--- DATA SECTION ---

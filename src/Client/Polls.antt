-- ===== src/Client/Polls.antt =====
-- The operations of `get_status` and `get_firmware_version` of src/solem_blip_ble/client_v2.py, which
-- send one request and wait for a notification.
pub mod Heard
use solem_blip_ble.Common.{
  ℕ, ◌+◌, Bytes, List, [], ◌∷◌, Option, none, some, is_some, Bool, true, false, not, ◌||◌, Result,
  ok, err, leb, ltb, if◌then◌else◌,
}
use solem_blip_ble.Common.Text.{Str}
use solem_blip_ble.Protocol.Command.{pack_commit}
use solem_blip_ble.Protocol.Status.{SolemStatus}
use solem_blip_ble.Protocol.Metadata.{
  FirmwareVersion, pack_get_firmware_version, parse_controller_name_response,
  parse_firmware_version_response,
}
use solem_blip_ble.Client.Handlers.{StatusPoll, handle_status}
use solem_blip_ble.Client.Polling.{
  Exception, connection_error, Outcome, returns, raises, waits, handle_all,
}
use solem_blip_ble.Client.Session.{Session, only, unless_raised, and_then, PartWait, write_and_wait}

-- The handler on a connection: what it raises ends in the backend.
unfoldable pub on_poll : ℕ → StatusPoll → Bytes → StatusPoll
on_poll station_count s frame = elim (handle_status station_count s frame) [
  | ok s' ↦ s'
  | err e ↦ s
]

abbrev pub no_status : StatusPoll
no_status = record { status_result = none; status_event = false }

abbrev pub has_status : StatusPoll → Bool
has_status s = s.status_event

-- Watering at a station from 3 on, whose remaining time is not yet known.
unfoldable pub awaits_remaining : SolemStatus → Bool
awaits_remaining status =
    if status.is_watering
    then elim status.remaining_seconds [
      | some seconds ↦ false
      | none ↦ elim status.station_num [ none ↦ false | some station ↦ leb 3 station ]
    ]
    else false

-- What the poll meets: an exception of `_start_notify` or `_ensure_client`, the write with its wait, and
-- the notifications in the delay behind it.
pub record StatusLink : Type 0 where
  pub subscribed : Option Exception
  pub poll : PartWait
  pub settled : List Bytes

abbrev pub found_status : Option SolemStatus → Outcome SolemStatus
found_status none = raises connection_error
found_status (some status) = returns status

-- Behind the wait. The handler may still add to the dict in the delay.
unfoldable pub settle : ℕ → List Bytes → StatusPoll → Outcome SolemStatus
unfolding awaits_remaining
settle station_count settled s = elim s.status_result [
  | none ↦ raises connection_error
  | some status ↦
      if awaits_remaining status
      then found_status ((handle_all (on_poll station_count) s settled).status_result)
      else returns status
]

-- `timeout` is STATUS_NOTIFY_TIMEOUT.
unfoldable pub get_status : ℕ → ℕ → StatusLink → Session SolemStatus
unfolding settle
get_status station_count timeout link = unless_raised link.subscribed (
    and_then
      (write_and_wait has_status (on_poll station_count) timeout pack_commit link.poll no_status)
      (λ s. only (settle station_count link.settled s)))

-- The variables of the firmware read.
pub record FirmwareRead : Type 0 where
  pub firmware_version : Option FirmwareVersion
  pub firmware_event : Bool
  pub controller_name : Option Str
  pub name_event : Bool

-- `printable` is str.isprintable of one character.
abbrev pub with_name : Option Str → FirmwareRead → FirmwareRead
with_name none s = s
with_name (some name) s = record s { controller_name = some name; name_event = true }

abbrev pub with_version : Option FirmwareVersion → FirmwareRead → FirmwareRead
with_version none s = s
with_version (some version) s = record s { firmware_version = some version; firmware_event = true }

unfoldable pub handle_firmware : (ℕ → Bool) → FirmwareRead → Bytes → FirmwareRead
handle_firmware printable s frame =
    with_version (parse_firmware_version_response frame)
      (with_name (parse_controller_name_response printable frame) s)

abbrev pub no_firmware : FirmwareRead
no_firmware = record {
  firmware_version = none;
  firmware_event = false;
  controller_name = none;
  name_event = false;
}

abbrev pub has_firmware : FirmwareRead → Bool
has_firmware s = s.firmware_event

-- The notifications until the name has come, or the short timeout.
unfoldable pub wait_for_name : (ℕ → Bool) → List Bytes → FirmwareRead → FirmwareRead
wait_for_name printable [] s = s
wait_for_name printable (frame ∷ rest) s =
    let later = wait_for_name printable rest (handle_firmware printable s frame) in
    if s.name_event then s else later

pub record FirmwareLink : Type 0 where
  pub subscribed : Option Exception
  pub request : PartWait
  pub named : List Bytes

-- The version with the controller's name, which is optional.
abbrev pub named_version : FirmwareRead → Outcome (FirmwareVersion × Option Str)
named_version s = elim s.firmware_version [
  | none ↦ raises connection_error
  | some version ↦ returns (version, s.controller_name)
]

unfoldable pub get_firmware_version :
    (ℕ → Bool) → ℕ → FirmwareLink → Session (FirmwareVersion × Option Str)
unfolding wait_for_name
get_firmware_version printable timeout link = unless_raised link.subscribed (
    and_then
      (write_and_wait has_firmware (handle_firmware printable) timeout pack_get_firmware_version
        link.request no_firmware)
      (λ s. only (named_version (wait_for_name printable link.named s))))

---

▶ _ASSIGNED TASK_
All the entries should be output exactly as given.

▶ _RESPONSE AREA_
filename src/Client/Polls.antt
-- ===== src/Client/Polls.antt =====
-- The operations of `get_status` and `get_firmware_version` of src/solem_blip_ble/client_v2.py, which
-- send one request and wait for a notification.
pub mod Heard
use solem_blip_ble.Common.{
  ℕ, ◌+◌, Bytes, List, [], ◌∷◌, Option, none, some, is_some, Bool, true, false, not, ◌||◌, Result,
  ok, err, leb, ltb, if◌then◌else◌,
}
use solem_blip_ble.Common.Text.{Str}
use solem_blip_ble.Protocol.Command.{pack_commit}
use solem_blip_ble.Protocol.Status.{SolemStatus}
use solem_blip_ble.Protocol.Metadata.{
  FirmwareVersion, pack_get_firmware_version, parse_controller_name_response,
  parse_firmware_version_response,
}
use solem_blip_ble.Client.Handlers.{StatusPoll, handle_status}
use solem_blip_ble.Client.Polling.{
  Exception, connection_error, Outcome, returns, raises, waits, handle_all,
}
use solem_blip_ble.Client.Session.{Session, only, unless_raised, and_then, PartWait, write_and_wait}

-- The handler on a connection: what it raises ends in the backend.
unfoldable pub on_poll : ℕ → StatusPoll → Bytes → StatusPoll
on_poll station_count s frame = elim (handle_status station_count s frame) [
  | ok s' ↦ s'
  | err e ↦ s
]

abbrev pub no_status : StatusPoll
no_status = record { status_result = none; status_event = false }

abbrev pub has_status : StatusPoll → Bool
has_status s = s.status_event

-- Watering at a station from 3 on, whose remaining time is not yet known.
unfoldable pub awaits_remaining : SolemStatus → Bool
awaits_remaining status =
    if status.is_watering
    then elim status.remaining_seconds [
      | some seconds ↦ false
      | none ↦ elim status.station_num [ none ↦ false | some station ↦ leb 3 station ]
    ]
    else false

-- What the poll meets: an exception of `_start_notify` or `_ensure_client`, the write with its wait, and
-- the notifications in the delay behind it.
pub record StatusLink : Type 0 where
  pub subscribed : Option Exception
  pub poll : PartWait
  pub settled : List Bytes

abbrev pub found_status : Option SolemStatus → Outcome SolemStatus
found_status none = raises connection_error
found_status (some status) = returns status

-- Behind the wait. The handler may still add to the dict in the delay.
unfoldable pub settle : ℕ → List Bytes → StatusPoll → Outcome SolemStatus
unfolding awaits_remaining
settle station_count settled s = elim s.status_result [
  | none ↦ raises connection_error
  | some status ↦
      if awaits_remaining status
      then found_status ((handle_all (on_poll station_count) s settled).status_result)
      else returns status
]

-- `timeout` is STATUS_NOTIFY_TIMEOUT.
unfoldable pub get_status : ℕ → ℕ → StatusLink → Session SolemStatus
unfolding settle
get_status station_count timeout link = unless_raised link.subscribed (
    and_then
      (write_and_wait has_status (on_poll station_count) timeout pack_commit link.poll no_status)
      (λ s. only (settle station_count link.settled s)))

-- The variables of the firmware read.
pub record FirmwareRead : Type 0 where
  pub firmware_version : Option FirmwareVersion
  pub firmware_event : Bool
  pub controller_name : Option Str
  pub name_event : Bool

-- `printable` is str.isprintable of one character.
abbrev pub with_name : Option Str → FirmwareRead → FirmwareRead
with_name none s = s
with_name (some name) s = record s { controller_name = some name; name_event = true }

abbrev pub with_version : Option FirmwareVersion → FirmwareRead → FirmwareRead
with_version none s = s
with_version (some version) s = record s { firmware_version = some version; firmware_event = true }

unfoldable pub handle_firmware : (ℕ → Bool) → FirmwareRead → Bytes → FirmwareRead
handle_firmware printable s frame =
    with_version (parse_firmware_version_response frame)
      (with_name (parse_controller_name_response printable frame) s)

abbrev pub no_firmware : FirmwareRead
no_firmware = record {
  firmware_version = none;
  firmware_event = false;
  controller_name = none;
  name_event = false;
}

abbrev pub has_firmware : FirmwareRead → Bool
has_firmware s = s.firmware_event

-- The notifications until the name has come, or the short timeout.
unfoldable pub wait_for_name : (ℕ → Bool) → List Bytes → FirmwareRead → FirmwareRead
wait_for_name printable [] s = s
wait_for_name printable (frame ∷ rest) s =
    let later = wait_for_name printable rest (handle_firmware printable s frame) in
    if s.name_event then s else later

pub record FirmwareLink : Type 0 where
  pub subscribed : Option Exception
  pub request : PartWait
  pub named : List Bytes

-- The version with the controller's name, which is optional.
abbrev pub named_version : FirmwareRead → Outcome (FirmwareVersion × Option Str)
named_version s = elim s.firmware_version [
  | none ↦ raises connection_error
  | some version ↦ returns (version, s.controller_name)
]

unfoldable pub get_firmware_version :
    (ℕ → Bool) → ℕ → FirmwareLink → Session (FirmwareVersion × Option Str)
unfolding wait_for_name
get_firmware_version printable timeout link = unless_raised link.subscribed (
    and_then
      (write_and_wait has_firmware (handle_firmware printable) timeout pack_get_firmware_version
        link.request no_firmware)
      (λ s. only (named_version (wait_for_name printable link.named s))))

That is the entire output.